# Cubesmith Tiles vs. Textured Tiles



## thelegend (Feb 1, 2007)

I just received my two set of cubesmith "tiles". I didn't order textured ones, however, these seem to have a texture on them. Are the regular tiles completely smooth or do they have a little texture to them, as opposed to a lot of texture. I can upload some pics if needed, or if someone else would like to that would be cool. Thanks.


----------



## tenderchkn (Feb 2, 2007)

I don't think smooth tiles have any texture on them. Try scratching against the tile.
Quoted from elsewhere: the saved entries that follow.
-- ===== src/Handlers.antt =====
-- portable/home-stack/admin/main.go, `handleAction`, `handleEvents` and `handleDeployPreview`, with
-- deploy.go, `buildDeployPreview`.
pub mod Actor
pub mod History
use home_stack.Prelude.{
  ℕ, Bool, true, false, not, List, [], ◌∷◌, Option, none, some, String, ◌==◌, if◌then◌else◌, Result,
  ok, err,
}
use home_stack.Registry.{Registry}
use home_stack.Validate.{ValidationError, validate}
use home_stack.Http.{Request, Server, proxy_identity}
use home_stack.Actions.{ActionRequest, RunError, ActionError, validate_action_request}
use home_stack.Edits.{load_registry}
use home_stack.Artifacts.{Storage}
use home_stack.Deploy.{Host, DeployDiff, sync_profile, diff}
use home_stack.Events.{AdminEvent, Journal, read_events}
use home_stack.Execute.{State, ActionResult, active_registry, host_at, execute_action, system}

pub data PreviewProblem : Type 0 where
  no_parent_domain : PreviewProblem
  not_valid : ValidationError → PreviewProblem

-- `deployPreviewResponse`. The details are the error, or `none` for "registry validates".
pub record DeployPreview : Type 0 where
  pub ok : Bool
  pub valid : Bool
  pub changed_files : List String
  pub planned_actions : List String
  pub details : Option PreviewProblem

-- What a handler writes: the status, and the body by its kind.
pub data Response : Type 0 where
  failure : ℕ → String → Response
  rejected : ℕ → ActionError → Response
  executed : ℕ → ActionResult → Response
  events_page : ℕ → List AdminEvent → Response
  difference : ℕ → DeployDiff → Response
  preview : ℕ → DeployPreview → Response

abbrev validated : Registry → String → DeployPreview
validated r parent_domain =
    let page : DeployPreview = record {
      ok = true;
      valid = true;
      changed_files =
          "portable/home-stack/Caddyfile" ∷ "portable/home-stack/catalog.json"
          ∷ "portable/home-stack/launchd/*.plist" ∷ [];
      planned_actions = "validate caddyfile" ∷ "write generated files" ∷ [];
      details = none;
    } in
    elim (validate r parent_domain) [
      | ok _ ↦ page
      | err e ↦ record page { ok = false; valid = false; details = some (not_valid e) }
    ]

-- `getenv` is os.Getenv.
unfoldable pub build_deploy_preview : (String → String) → Registry → DeployPreview
build_deploy_preview getenv r =
    if getenv "HOME_STACK_PARENT_DOMAIN" == ""
    then record {
      ok = false;
      valid = false;
      changed_files = [];
      planned_actions = [];
      details = some no_parent_domain;
    }
    else validated r (getenv "HOME_STACK_PARENT_DOMAIN")

-- `decode` is encoding/json's decoder on the request's body, `basic_auth` net/http's `BasicAuth`.
module _ {W : Type 0} (run : List String → W → (String × Option RunError) × W) (bundle_dir : String)
    (h : Host) (disk : Storage) (j : Journal) (to_json : DeployDiff → String)
    (basic_auth : Request → Option (String × String))
    (decode : Request → Option ActionRequest) where
  abbrev user_of : Option (String × String) → String
  user_of none = ""
  user_of (some (username, password)) = username

  unfoldable pub actor_of : Server → Request → String
  actor_of s r = if proxy_identity s r == "" then user_of (basic_auth r) else proxy_identity s r

  abbrev pub reply : ActionResult × State W → Response × State W
  reply (result, st) = (executed (if result.ok then 200 else 400) result, st)

  -- `handleAction`, once the body is decoded.
  unfoldable pub handle_request :
      Server → String → Request → ActionRequest → State W → Response × State W
  handle_request s now r req st =
      elim (validate_action_request (active_registry run bundle_dir h disk j to_json st) req) [
        | err e ↦ (rejected 400 e, st)
        | ok _ ↦ reply (execute_action run bundle_dir h disk j to_json (actor_of s r) now req st)
      ]

  unfoldable pub handle_action : Server → String → Request → State W → Response × State W
  handle_action s now r st = elim (decode r) [
    | none ↦ (failure 400 "invalid action request", st)
    | some req ↦ handle_request s now r req st
  ]

  unfoldable pub handle_events : State W → Response
  handle_events st = elim (read_events j 50 st.log) [
    | err e ↦ failure 500 "failed to read events"
    | ok events ↦ events_page 200 events
  ]

  unfoldable pub handle_deploy_preview : State W → Response
  handle_deploy_preview st =
      elim (diff (host_at run bundle_dir h disk j to_json st) bundle_dir (sync_profile h bundle_dir)
        st.bundle) [
          | ok d ↦ difference 200 d
          | err e ↦
              elim (load_registry (system run bundle_dir h disk j to_json) st.profile.registry) [
                | err l ↦ failure 500 "failed to load registry"
                | ok r ↦ preview 200 (build_deploy_preview h.getenv r)
              ]
        ]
Textured ones make a lot of noise.


----------



## Kubinator97 (Mar 1, 2009)

The smooth tiles do have a slight texture to them, cubesmith sais so


----------



## hippofluff (Mar 1, 2009)

I just ordered non texture tiles I hope they're good


----------



## abr71310 (Mar 2, 2009)

Textured tiles are better for gripping the cube.
I put standard smooth tiles on my white DIY-type A, it's really cool, good for 2H.
Textured I'll probably put on my Edison or something for a good 1H cube, but honestly, this should be in *Hardware Area*, not speedcubing.


----------



## Ellis (Mar 2, 2009)

abr71310 said:


> this should be in *Hardware Area*, not speedcubing.


This thread is over a year older than the hardware area itself.


----------